I just went out on the Jokas Wild a couple months ago. Brown's Pink Flappin Devil was the ticket for me. Caught LOTS of fish. As much as I enjoy wading, I just don't have the cajones to do it out there. I can't tell you how many stingrays we drifted over that were the size of Volkswagens.

I'll have to disagree with the fishing being more 'hype' than anything else. The topography of the islands themselves have of course been drastically changed, but the fishing is hotter than ever! We absolutely slaughtered the reds and trout and easily got the entire boat's limit, no problem.


----------



## Smackdaddy53 (Nov 4, 2011)

I appreciate the input guys! Keep em coming, just havin some fun...

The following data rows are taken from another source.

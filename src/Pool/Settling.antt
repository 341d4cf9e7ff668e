-- ===== src/Pool/Settling.antt =====
-- A pool that is not used shrinks to its least size, one connection for each tick of the monitor.
use native.Mathlib.Nat.{zero-div}
use revdial.Common.{
  ℕ, zero, suc, ◌+◌, ◌<◌, ◌^◌, ℤ, pos, true, false, List, [], ◌∷◌, length, ◌≡◌, refl, ap, sym, ◌∙◌,
  subst, ltb_ℤ, leb_ℤ, is_zero, ◌/ℤ◌, ◌&&◌, ◌||◌, arith, Bool-cases, inl, inr, All, ◌==◌, word,
  value-word, ==_iff, lt→ltb,
}
use revdial.Pool.Config.{Config}
use revdial.Pool.MuxConn.{MuxConn, Yamux, num_streams}
use revdial.Pool.MuxConn as Conn
use revdial.Pool.Validated.{IsValid}
use revdial.Pool.Scaler.{AutoScaler, evaluate, cooling, underused, scale_down}
use revdial.Pool.Decisions.{evaluate-tests}
use revdial.Pool.Shrinking.{Counts, scale_down-select}
use revdial.Pool.State.{Pool, streams_of, with_connections}
use revdial.Pool.Operations.{
  Tick, remove_at, close_conn, cool, reset, evaluate_scaling, monitor_and_scale,
}

-- The lower threshold is positive, and the latency, which is none, is below half of its threshold.
pub record Shrinkable (c : Config) : Type 0 where
  pub threshold : ltb_ℤ (pos 0) c.scale_down_threshold ≡ true
  pub unmeasured :
      (is_zero c.latency_threshold || ltb_ℤ (pos 0) (c.latency_threshold /ℤ pos 2)) ≡ true

module _ {S : Type 0} where
  -- Nothing uses the pool, and its metrics say so.
  pub record IsQuiet (p : Pool S) : Type 0 where
    pub valid : IsValid p.config
    pub same_config : p.scaler.config ≡ p.config
    pub shrinkable : Shrinkable p.config
    pub counted : p.metrics.connection_count ≡ word 32 (pos (length p.connections))
    pub few : length p.connections < 2 ^ 31
    pub no_streams : p.metrics.active_streams ≡ 0
    pub no_latency : p.metrics.latency_count ≡ 0
    pub counts : All (Counts (streams_of p)) p.connections

  IsQuiet-underused :
      (p : Pool S)
      → IsQuiet p
      → ltb_ℤ p.config.min_connections (pos (length p.connections)) ≡ true
      → underused p.scaler.config p.metrics ≡ true
  IsQuiet-underused p q h =
      rw
        (
          q.same_config,
          q.counted,
          value-word (length p.connections) q.few,
          q.no_streams,
          q.no_latency,
        )
        (subst
          (λ z.
            (ltb_ℤ p.config.min_connections (pos (length p.connections))
              && (ltb_ℤ (pos z) p.config.scale_down_threshold
                  && (is_zero p.config.latency_threshold
                      || ltb_ℤ (pos 0) (p.config.latency_threshold /ℤ pos 2))))
            ≡ true)
          (sym (zero-div (length p.connections)))
          (rw (h, q.shrinkable.threshold, q.shrinkable.unmeasured) refl))

All-remove_at : (P : ℕ → Type 0) (i : ℕ) (xs : List ℕ) → All P xs → All P (remove_at i xs)
All-remove_at P i [] a = tt
All-remove_at P zero (x ∷ xs) a = a.1
All-remove_at P (suc i) (x ∷ xs) a = (a.0, All-remove_at P i xs a.1)

All-same :
    (f g : ℕ → ℤ) (xs : List ℕ) → ((k : ℕ) → g k ≡ f k) → All (Counts f) xs → All (Counts g) xs
All-same f g [] e a = tt
All-same f g (x ∷ xs) e a = (ap (leb_ℤ (pos 0)) (e x) ∙ a.0, All-same f g xs e a.1)

module _ {S : Type 0} (y : Yamux S) where
  close-streams : (m : MuxConn S) → num_streams (Conn.close y m).1 ≡ num_streams m
  unfolding Conn.close
  close-streams m = elim (Bool-cases m.closed) [ inl e ↦ rw e refl | inr e ↦ rw e refl ]

  close_conn-streams :
      (conn : ℕ) (p : Pool S) (k : ℕ) → streams_of (close_conn y conn p) k ≡ streams_of p k
  close_conn-streams conn p k = elim (Bool-cases (k == conn)) [
    | inl e ↦
        let same : k ≡ conn = (==_iff k conn).0 e in
        rw e (close-streams (p.memory conn) ∙ ap (λ n. num_streams (p.memory n)) (sym same))
    | inr e ↦ rw e refl
  ]

  -- What is left of the pool after one connection was removed at this time.
  abbrev shrunk : ℕ → ℕ → ℕ → Pool S → Pool S
  shrunk conn i later p =
      reset (cool later (with_connections (remove_at i p.connections) (close_conn y conn p)))

  shrunk-IsQuiet :
      (conn i later : ℕ) (p : Pool S)
      → IsQuiet p
      → length (remove_at i p.connections) + 1 ≡ length p.connections
      → IsQuiet (shrunk conn i later p)
  shrunk-IsQuiet conn i later p q l = record {
    valid = q.valid;
    same_config = q.same_config;
    shrinkable = q.shrinkable;
    counted = refl;
    few = omega (arith, q.few, l);
    no_streams = q.no_streams;
    no_latency = refl;
    counts =
        All-same (streams_of p) (streams_of (close_conn y conn p)) (remove_at i p.connections)
          (close_conn-streams conn p)
          (All-remove_at (Counts (streams_of p)) i p.connections q.counts);
  }

  too_many : (n : ℕ) (m : ℤ) → ltb_ℤ m (pos n) ≡ true → leb_ℤ (pos n) m ≡ false
  too_many n m h = rw h refl

  -- A tick after the cooldown removes one connection.
  one_tick :
      (t : Tick S) (p : Pool S)
      → IsQuiet p
      → cooling t.now p.scaler ≡ false
      → ltb_ℤ p.config.min_connections (pos (length p.connections)) ≡ true
      → (conn i : ℕ) × (evaluate_scaling y t.made t.now t.later p ≡ shrunk conn i t.later p)
        × (length (remove_at i p.connections) + 1 ≡ length p.connections)
  unfolding evaluate_scaling
  one_tick t p q over more =
      let (conn, i, s, g, down, l, enough) =
        scale_down-select y p q.valid q.counts (too_many (length p.connections) _ more) in
      let asks : evaluate t.now p.metrics p.scaler ≡ scale_down =
        (evaluate-tests t.now p.metrics p.scaler (rw q.same_config q.valid)).1
          (over, IsQuiet-underused p q more) in
      (conn, i, rw (asks, down) refl, l)

  -- Every tick comes after the cooldown of the one before.
  abbrev pub Spaced : AutoScaler → List (Tick S) → Type 0
  Spaced s [] = Unit {0}
  Spaced s (t ∷ ts) = (cooling t.now s ≡ false) × Spaced (record s { last_scale_time = t.later }) ts

  -- On a pool with a valid configuration whose metrics count its connections, no streams and no
  -- latencies, with a positive lower threshold, no counter of a connection below 0, and half of the
  -- latency threshold above 0 where there is one: if the ticks of the monitor are the cooldown apart,
  -- each removes one connection, so that as many ticks as there are connections too many leave exactly
  -- MinConnections.
  pub monitor_and_scale-settles :
      (m : ℕ) (ticks : List (Tick S)) (p : Pool S)
      → IsQuiet p
      → p.config.min_connections ≡ pos m
      → length p.connections ≡ length ticks + m
      → Spaced p.scaler ticks
      → length (monitor_and_scale y ticks p).connections ≡ m
  unfolding monitor_and_scale
  monitor_and_scale-settles m [] p q e l s = omega (arith, l)
  monitor_and_scale-settles m (t ∷ ts) p q e l s =
      let more : ltb_ℤ p.config.min_connections (pos (length p.connections)) ≡ true =
        rw (e, l) (lt→ltb _ _ (omega arith)) in
      let (conn, i, done, less) = one_tick t p q s.0 more in
      ap (λ r. length (monitor_and_scale y ts r).connections) done
      ∙ (monitor_and_scale-settles m ts (shrunk conn i t.later p)
          (shrunk-IsQuiet conn i t.later p q less) e (omega (arith, less, l)) s.1)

Im not worried about sharks, i eat bull shark sandwiches with 200# stingrays for bread every morning with croaker jelly on the side. 
I know better than it being all hype, maybe you went on a bad day and if i went to calcasieu id be turning down a trip i got invited on, thats not my style. I can fish calcasieu or sabine with my BIL any time.
Not worried about a little chop or rain either, going on a 24' yellowfin and if it rains we can board one of the motherships to wait it out. 
This guy is going to take care of us, im ready to get out there. 
I gotta use this one again, it fits this reply well!








-mac-


----------



## Capt. Marcus Canales (Aug 25, 2005)

Smackdaddy53 said:


> I appreciate the input guys! Keep em coming, just havin some fun...
> 
> Im not worried about sharks, i eat bull shark sandwiches with 200# stingrays for bread every morning with croaker jelly on the side.
> I know better than it being all hype, maybe you went on a bad day and if i went to calcasieu id be turning down a trip i got invited on, thats not my style. I can fish calcasieu or sabine with my BIL any time.
> ...


lmao! you potlicked my picture!!! :rotfl::rotfl::rotfl:


----------



## RB II (Feb 26, 2009)

I agree on the sharks, except for in the surf at the Chandeleurs......that is a no go for me. Thrashing a stringer in the bay is one thing, but those big boys out there play for keeps and are big enough to back it up. If I can't reach them from the sand on the surf side I don't fish. Wade all day on the back sides, it is cool.


----------



## Smackdaddy53 (Nov 4, 2011)

Boom! That JUST happened! 

I saw it on here before that so i potlicked a potlicker. I should get a medal


-mac-


----------



## Smackdaddy53 (Nov 4, 2011)

HydraSports said:


> I agree on the sharks, except for in the surf at the Chandeleurs......that is a no go for me. Thrashing a stringer in the bay is one thing, but those big boys out there play for keeps and are big enough to back it up. If I can't reach them from the sand on the surf side I don't fish. Wade all day on the back sides, it is cool.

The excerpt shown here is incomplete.